Stored data |
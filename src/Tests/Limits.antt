-- ===== src/Tests/Limits.antt =====
-- Rate limits on concrete times and texts.
use go_redis_smq.Prelude.{
  ℕ, ◌≡◌, refl, false, Option, none, some, List, [], ◌∷◌, ok, err, arith, if◌then◌else◌,
}
use go_redis_smq.Prelude.Int.{ℤ, pos, ◌-ℤ◌}
use go_redis_smq.Prelude.Text.{Text, codes, text_eq}
use go_redis_smq.Prelude.Decimal.{itoa}
use go_redis_smq.Delivery.Data.{Db, refusal}
use go_redis_smq.Delivery.Publish.{objection}
use go_redis_smq.Delivery.Calls.{dispatches, run}
use go_redis_smq.RateLimits.{
  RateLimitParams, invalid_rate_limit, invalid_rate_limit_interval, new_rate_limit_params, check,
}
use go_redis_smq.RateLimits.Window
use go_redis_smq.RateLimits.Window.{Attempt, World, taken}
use go_redis_smq.RateLimits.Store
use go_redis_smq.RateLimits.Store.{
  Properties, set, clear, get, marshal_rate_limit_params, set_queue_rate_limit,
}
use go_redis_smq.RateLimits.Unguarded.{in_milliseconds, get-set}
use go_redis_smq.Tests.Deliveries.{next_tick, empty_queue, audit, parcel, worker, options}

abbrev one_per_second : RateLimitParams
one_per_second = record { limit = 1; interval = 1000000000 }

valid_limit : new_rate_limit_params (pos 1) 1000000000 ≡ ok one_per_second
unfolding new_rate_limit_params
valid_limit = refl

no_limit : new_rate_limit_params (pos 0) 1000000000 ≡ err invalid_rate_limit
unfolding new_rate_limit_params
no_limit = refl

short_interval : new_rate_limit_params (pos 1) 999999999 ≡ err invalid_rate_limit_interval
unfolding new_rate_limit_params
short_interval = refl

abbrev three_messages : Db
three_messages =
    run next_tick audit
      ((10, dispatches (parcel 7)) ∷ (11, dispatches (parcel 8)) ∷ (12, dispatches (parcel 9)) ∷ [])
      empty_queue

abbrev attempt_at : ℕ → Attempt
attempt_at now = record { now = now; dequeuer = worker; others = λ d. d; cleared = false }

-- The second of these is in the window that an earlier one opened, the last in the second's.
abbrev attempts : List Attempt
attempts = attempt_at 1050 ∷ attempt_at 1100 ∷ attempt_at 2049 ∷ []

abbrev earlier : World
earlier =
    Window.run options audit one_per_second (attempt_at 100 ∷ [])
      (record { counter = none; db = three_messages })

one_taken : taken options audit one_per_second attempts earlier ≡ 1
unfolding taken Window.run run check ◌-ℤ◌ objection refusal
one_taken = refl

-- A reading of one text.
abbrev parse : Text → Option (ℤ × ℤ)
parse t =
    if text_eq t (codes "{\"limit\":1,\"interval\":1000}") then some (pos 1, pos 1000) else none

parses : parse (marshal_rate_limit_params (some one_per_second)) ≡ some (pos 1, pos 1000)
unfolding text_eq marshal_rate_limit_params itoa
parses = refl

abbrev locked_properties : Properties
locked_properties = record {
  operational_state = some (itoa 3);
  lock_id = some (codes "a");
  rate_limit = none;
}

abbrev locked_queue : Store.Db
locked_queue = record { properties = some locked_properties; counter = none }

get-set_example :
    let (d', result) = set (some one_per_second) locked_queue in
    (result ≡ ok tt)
    × (d'.counter ≡ none)
    × (get parse d' ≡ ok (some (in_milliseconds one_per_second)))
get-set_example =
    get-set parse (pos 1) 1000000000 one_per_second valid_limit (ground arith) parses 3
      locked_properties locked_queue refl refl

-- Were the state stored by its name, the guard would hold.
guarded :
    let named : Store.Db = record {
      properties = some (record locked_properties { operational_state = some (codes "locked") });
      counter = none;
    } in
    (set (some one_per_second) named).1 ≡ err Store.locked
unfolding set text_eq Store.refused
guarded = refl

cleared : (get parse (clear locked_queue).0) ≡ ok none
unfolding clear get text_eq itoa
cleared = refl
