-- ===== src/Tests/Names.antt =====
-- Key names, keys, tokens, patterns and transactions at concrete inputs.
use go_redis_smq.Prelude.{
  List, ℕ, ◌+◌, ◌≡◌, refl, ◌↔◌, ◌⊎◌, true, false, none, some, [], ◌∷◌, map, All, Result, ok, err,
  ltb, if◌then◌else◌, arith,
}
use go_redis_smq.Prelude.Text.{Text, codes, text_eq}
use go_redis_smq.Keys.{validate_key, lower, IsName, validate_key-eq-some, split, key, sep}
use go_redis_smq.Keys.Injective.{split-key}
use go_redis_smq.Redis.Transaction.{
  committed, attempts, attempts_atomic, attempts_commits, last_attempt, Others, conflict, unnoticed,
  with_transaction,
}
use go_redis_smq.Exchange.Token.{
  is_joiner, validate_topic_pattern, PatternToken, validate_topic_pattern_iff,
}
use go_redis_smq.Exchange.Pattern.{match_topic_pattern, Matches, match_topic_pattern_iff}

-- Names are lowered; a digit does not start one.
orders_name : validate_key (λ c. c) (codes "Orders.v2") ≡ some (codes "orders.v2")
unfolding validate_key
orders_name = refl

digit_name : validate_key (λ c. c) (codes "2nd") ≡ none
unfolding validate_key
digit_name = refl

validate_key-eq-some_example :
    (validate_key (λ c. c) (codes "Orders.v2") ≡ some (codes "orders.v2"))
    ↔ ((codes "orders.v2" ≡ map (lower (λ c. c)) (codes "Orders.v2")) × IsName (codes "orders.v2"))
validate_key-eq-some_example = validate_key-eq-some (λ c. c) (codes "Orders.v2") (codes "orders.v2")

split-key_example :
    split sep (key (codes "ns" ∷ codes "shop" ∷ []))
    ≡ codes "redis-smq" ∷ codes "10" ∷ codes "ns" ∷ codes "shop" ∷ []
split-key_example = split-key (codes "ns" ∷ codes "shop" ∷ []) (refl, (refl, tt))

good_pattern : validate_topic_pattern (codes "order.*.new_v2.#") ≡ true
unfolding validate_topic_pattern is_joiner
good_pattern = refl

-- A joiner may not end a word.
bad_pattern : validate_topic_pattern (codes "order.new_") ≡ false
unfolding validate_topic_pattern is_joiner
bad_pattern = refl

validate_topic_pattern_iff_example :
    (validate_topic_pattern (codes "order.*.#") ≡ true)
    ↔ All PatternToken (split b'.' (codes "order.*.#"))
validate_topic_pattern_iff_example = validate_topic_pattern_iff (codes "order.*.#")

matched : match_topic_pattern (codes "order.eu.new.big") (codes "order.*.#.big") ≡ true
unfolding match_topic_pattern text_eq
matched = refl

unmatched : match_topic_pattern (codes "order") (codes "order.*.#") ≡ false
unfolding match_topic_pattern text_eq
unmatched = refl

match_topic_pattern_iff_example :
    (match_topic_pattern (codes "order.eu.new") (codes "order.#") ≡ true)
    ↔ Matches (split b'.' (codes "order.eu.new")) (split b'.' (codes "order.#"))
match_topic_pattern_iff_example = match_topic_pattern_iff (codes "order.eu.new") (codes "order.#")

-- Adding one, unless the number is large already.
abbrev bump : ℕ → Result Text (ℕ → ℕ)
bump n = if ltb n 100 then ok (λ m. m + 1) else err (codes "large")

abbrev two_others : List (Others ℕ)
two_others = conflict (λ n. n + 10) ∷ unnoticed (λ n. n + 20) ∷ []

bumped : with_transaction bump 5 two_others 1 ≡ (32, committed)
unfolding with_transaction
bumped = refl

attempts_atomic_example :
    ((attempts bump 5 two_others 1).1 ≡ committed)
      × ((write : ℕ → ℕ) × (bump (last_attempt bump 5 two_others 1).0 ≡ ok write)
          × ((attempts bump 5 two_others 1).0 ≡ write (last_attempt bump 5 two_others 1).1))
    ⊎ (((attempts bump 5 two_others 1).1 ≡ committed → ⊥)
        × ((attempts bump 5 two_others 1).0 ≡ (last_attempt bump 5 two_others 1).1))
attempts_atomic_example = attempts_atomic bump 5 two_others 1

abbrev double : ℕ → Result Text (ℕ → ℕ)
double n = ok (λ m. m + m)

attempts_commits_example : (attempts double 5 two_others 1).1 ≡ committed
attempts_commits_example =
    attempts_commits double 5 two_others 1 (omega arith) (λ c. (λ m. m + m, refl))
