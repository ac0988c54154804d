-- ===== src/Tests/Producers.antt =====
-- A producer on concrete queues.
use go_redis_smq.Prelude.{ℕ, ◌+◌, ◌≡◌, refl, true, none, some, [], ◌∷◌, ◌++◌, ok}
use go_redis_smq.Prelude.Text.{Text}
use go_redis_smq.Keys.{Queue}
use go_redis_smq.Delivery.Publish.{objection}
use go_redis_smq.Exchange.Params.{type_fanout}
use go_redis_smq.Producer.Resolver.{
  Targets, queue_created, group_created, group_deleted, on_event, queue_string, resolve,
}
use go_redis_smq.Producer.{
  ProducibleMessage, Exchanges, World, Producer, dispatch_to, produce_to_queues, produce,
}
use go_redis_smq.Producer.Plan.{plan, send_all, produce_to_queues-send_all}
use go_redis_smq.Tests.Failures.{task}
use go_redis_smq.Tests.Deliveries.{next_tick, empty_queue}

abbrev orders : Queue
orders = record { ns = 110 ∷ []; name = 111 ∷ [] }

abbrev mails : Queue
mails = record { ns = 110 ∷ []; name = 112 ∷ [] }

-- Both queues have two groups, as far as Redis knows.
abbrev world : World
world = record {
  queues = λ key. record empty_queue { groups = (1 ∷ []) ∷ (2 ∷ []) ∷ [] };
  drawn = 0;
}

-- The producer knows those of one.
abbrev targets : Targets
targets = (queue_string mails, (1 ∷ []) ∷ (2 ∷ []) ∷ []) ∷ []

learnt :
    on_event (group_deleted mails (3 ∷ [])) (
      on_event (group_created mails (2 ∷ [])) (
        on_event
          (group_created mails (3 ∷ []))
          (on_event (group_created mails (1 ∷ [])) (on_event (queue_created mails 1) []))))
    ≡ targets
unfolding on_event queue_string
learnt = refl

abbrev news : ProducibleMessage
news = record {
  content = task;
  priority = none;
  queue = none;
  exchange = some (record { at = record { ns = 110 ∷ []; name = 113 ∷ [] }; typ = type_fanout });
  routing_key = [];
}

abbrev fanout : Exchanges
fanout = record {
  match_direct = λ e k. ok [];
  match_topic = λ e k. ok [];
  match_fanout = λ e. ok (orders ∷ mails ∷ []);
}

abbrev encode : ProducibleMessage → Queue → Text → Text
encode m q group = 123 ∷ q.name ++ group

abbrev new_id : ℕ → ℕ
new_id k = 500 + k

abbrev producer : Producer
producer = record { running = true; resolver = some targets }

three_messages :
    (produce next_tick new_id encode 10 news fanout producer world).1 ≡ ok (500 ∷ 501 ∷ 502 ∷ [])
unfolding produce dispatch_to objection queue_string resolve
three_messages = refl

produce_to_queues-send_all_example :
    produce_to_queues next_tick new_id encode 10 news (some targets) (orders ∷ mails ∷ []) world
    ≡ send_all
        (dispatch_to next_tick new_id encode 10 news)
        ((orders, []) ∷ (mails, 1 ∷ []) ∷ (mails, 2 ∷ []) ∷ [])
        world
unfolding plan queue_string resolve
produce_to_queues-send_all_example =
    produce_to_queues-send_all next_tick new_id encode 10 news (some targets) (orders ∷ mails ∷ [])
      world
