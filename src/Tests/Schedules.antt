-- ===== src/Tests/Schedules.antt =====
-- internal/message/envelope.go on concrete messages.
use go_redis_smq.Prelude.{
  ℕ, ◌+◌, ◌≡◌, ◌≤◌, ◌<◌, refl, true, false, ◌&&◌, Option, none, some, [], ◌∷◌, ltb, arith,
}
use go_redis_smq.Prelude.Text.{Text, text_eq}
use go_redis_smq.Scheduling.{Message, State, next_scheduled_timestamp, is_periodic}
use go_redis_smq.Scheduling.Bounds.{next_scheduled_timestamp_bounds}
use go_redis_smq.Scheduling.Publisher.{
  MessageParams, new_state, to_params, rebuild_message, enqueue_scheduled,
}
use go_redis_smq.Scheduling.Delayed.{enqueue_scheduled-endless}
use go_redis_smq.Scheduling.Repeats.{enqueue_scheduled-repeats}

-- Every expression fires after 50 milliseconds.
abbrev next_tick : Text → ℕ → Option ℕ
next_tick c now = some (now + 50)

abbrev repeats : Message
repeats = record {
  scheduled_cron = [];
  scheduled_delay = none;
  scheduled_repeat = 2;
  scheduled_repeat_period = some 30000000;
}

abbrev ticks : Message
ticks = record {
  scheduled_cron = 42 ∷ [];
  scheduled_delay = none;
  scheduled_repeat = 2;
  scheduled_repeat_period = some 30000000;
}

abbrev fresh : State
fresh = record {
  effective_scheduled_delay = 0;
  scheduled_cron_fired = false;
  scheduled_repeat_count = 0;
}

abbrev fired : State
fired = record fresh { scheduled_cron_fired = true }

first_repeat :
    next_scheduled_timestamp next_tick 100 repeats fresh
    ≡ (record fresh { scheduled_repeat_count = 1 }, 100)
unfolding next_scheduled_timestamp
first_repeat = refl

tick_first : next_scheduled_timestamp next_tick 100 ticks fresh ≡ (fired, 150)
unfolding next_scheduled_timestamp
tick_first = refl

repeat_in_cycle :
    next_scheduled_timestamp next_tick 100 ticks fired
    ≡ (record fired { scheduled_repeat_count = 1 }, 130)
unfolding next_scheduled_timestamp
repeat_in_cycle = refl

delayed :
    next_scheduled_timestamp next_tick 100 repeats (record fresh { effective_scheduled_delay = 7 })
    ≡ (fresh, 107)
unfolding next_scheduled_timestamp
delayed = refl

later : (c : Text) (n t : ℕ) → next_tick c n ≡ some t → n < t
later c n t e = ground (arith, e)

next_scheduled_timestamp_bounds_example :
    let (after, timestamp) = next_scheduled_timestamp next_tick 100 ticks fired in
    (ltb 0 timestamp && ltb timestamp 100 ≡ false) × (after.scheduled_repeat_count ≤ 2)
next_scheduled_timestamp_bounds_example =
    next_scheduled_timestamp_bounds next_tick 100 ticks fired later (omega arith)

abbrev often : MessageParams
often = record { cron = []; delay = some 10; repeat = 2; repeat_period = some 60 }

enqueue_scheduled-repeats_example :
    let (s, timestamp) = next_scheduled_timestamp next_tick 100 repeats (new_state repeats) in
    (timestamp ≡ 100)
    × (enqueue_scheduled next_tick (100 ∷ 130 ∷ 160 ∷ []) (to_params repeats) s ≡ (2, false))
enqueue_scheduled-repeats_example =
    enqueue_scheduled-repeats next_tick (100 ∷ 130 ∷ 160 ∷ []) 100 2 30000000
      (omega arith, (omega arith, (omega arith, (omega arith, tt)))) (omega arith) (omega arith)

enqueue_scheduled-endless_example :
    enqueue_scheduled next_tick (10 ∷ 20 ∷ 30 ∷ 40 ∷ []) often fresh ≡ (4, true)
unfolding rebuild_message is_periodic text_eq
enqueue_scheduled-endless_example =
    enqueue_scheduled-endless next_tick (10 ∷ 20 ∷ 30 ∷ 40 ∷ []) often fresh 10 refl (omega arith)
      refl
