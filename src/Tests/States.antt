-- ===== src/Tests/States.antt =====
-- A queue that is locked and unlocked.
use go_redis_smq.Prelude.{◌≡◌, refl, false, none, some, [], ◌==◌, ok, err}
use go_redis_smq.Prelude.Text.{Text, codes, text_eq}
use go_redis_smq.Prelude.Decimal.{itoa}
use go_redis_smq.QueueState.{
  Transition, state_active, state_locked, reason_manual, extract_lock_id, new_transition,
  invalid_transition,
}
use go_redis_smq.QueueState.Script.{Hash, Db, set_queue_state}
use go_redis_smq.QueueState.Manager.{
  Call, lock, unlock, perform, lock_options, unlock_options, acquire_lock, release_lock,
  fetch_current, save_state,
}
use go_redis_smq.QueueState.Created.{first_hash, create_queue-Consistent, create_queue-WellFormed}
use go_redis_smq.QueueState.History.{WellFormed}
use go_redis_smq.QueueState.Invariant.{
  perform-WellFormed, perform-Granted, Granted, options_of, target_of,
}
use go_redis_smq.QueueState.Progress.{undisturbed, perform_succeeds}
use go_redis_smq.QueueState.{can_transition_to}
use go_redis_smq.QueueState.Exclusive.{perform-holder}
use go_redis_smq.Tests.Samples.{sample_transitions, created, nobody}

abbrev job : Text
job = codes "job"

abbrev take_lock : Call
take_lock = lock 0 job none

abbrev free_lock : Call
free_lock = unlock 0 job none

abbrev locked : Db
locked = (perform sample_transitions 7 take_lock nobody created).0

abbrev freed : Db
freed = (perform sample_transitions 8 free_lock nobody locked).0

abbrev taken : Transition
taken =
    new_transition 7 (some state_active) state_locked reason_manual (some (lock_options job 0 none))

abbrev given_back : Transition
given_back =
    new_transition 8 (some state_locked) state_active reason_manual (some (unlock_options job none))

locks : perform sample_transitions 7 take_lock nobody created ≡ (locked, ok taken)
unfolding perform acquire_lock text_eq fetch_current save_state set_queue_state itoa
locks = refl

unlocks : perform sample_transitions 8 free_lock nobody locked ≡ (freed, ok given_back)
unfolding perform acquire_lock release_lock text_eq fetch_current save_state set_queue_state itoa
unlocks = refl

no_second_lock :
    (perform sample_transitions 8 (lock 0 (codes "other") none) nobody locked).1
    ≡ err invalid_transition
unfolding perform acquire_lock text_eq fetch_current save_state set_queue_state itoa
no_second_lock = refl

perform-WellFormed_example : WellFormed sample_transitions locked
perform-WellFormed_example =
    perform-WellFormed sample_transitions 7 nobody created take_lock (λ c wf. wf) (λ c wf. wf)
      (create_queue-WellFormed sample_transitions 5 [])

perform-Granted_example :
    Granted sample_transitions 7 nobody created
      (target_of take_lock)
      (options_of take_lock)
      taken
      locked
perform-Granted_example =
    perform-Granted sample_transitions 7 nobody created take_lock locked taken
      (create_queue-WellFormed sample_transitions 5 []) locks

abbrev locked_hash : Hash
locked_hash = record {
  operational_state = some (codes "3");
  last_state_change_at = some (codes "7");
  lock_id = some job;
}

locked_found : locked.hash ≡ some locked_hash
unfolding perform acquire_lock text_eq fetch_current save_state set_queue_state itoa
locked_found = refl

perform-holder_example :
    (extract_lock_id (options_of free_lock) ≡ job)
    × ((target_of free_lock == state_locked) ≡ false)
    × ((g : Hash) × (freed.hash ≡ some g) × (g.lock_id ≡ none))
unfolding text_eq
perform-holder_example =
    perform-holder sample_transitions 8 nobody locked free_lock locked_hash job freed given_back
      perform-WellFormed_example locked_found refl refl unlocks

perform_succeeds_example :
    (after : Db) × (t : Transition) × (perform sample_transitions 7 take_lock undisturbed created
      ≡ (after, ok t))
unfolding can_transition_to text_eq create_queue-Consistent
perform_succeeds_example =
    perform_succeeds sample_transitions 7 created (first_hash 5) take_lock
      (create_queue-Consistent sample_transitions 5 []) refl refl refl refl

The task |
Pick out the lines above that hold the string "double" and show them.

Task output |
abbrev double : ℕ → Result Text (ℕ → ℕ)
double n = ok (λ m. m + m)
attempts_commits_example : (attempts double 5 two_others 1).1 ≡ committed
    attempts_commits double 5 two_others 1 (omega arith) (λ c. (λ m. m + m, refl))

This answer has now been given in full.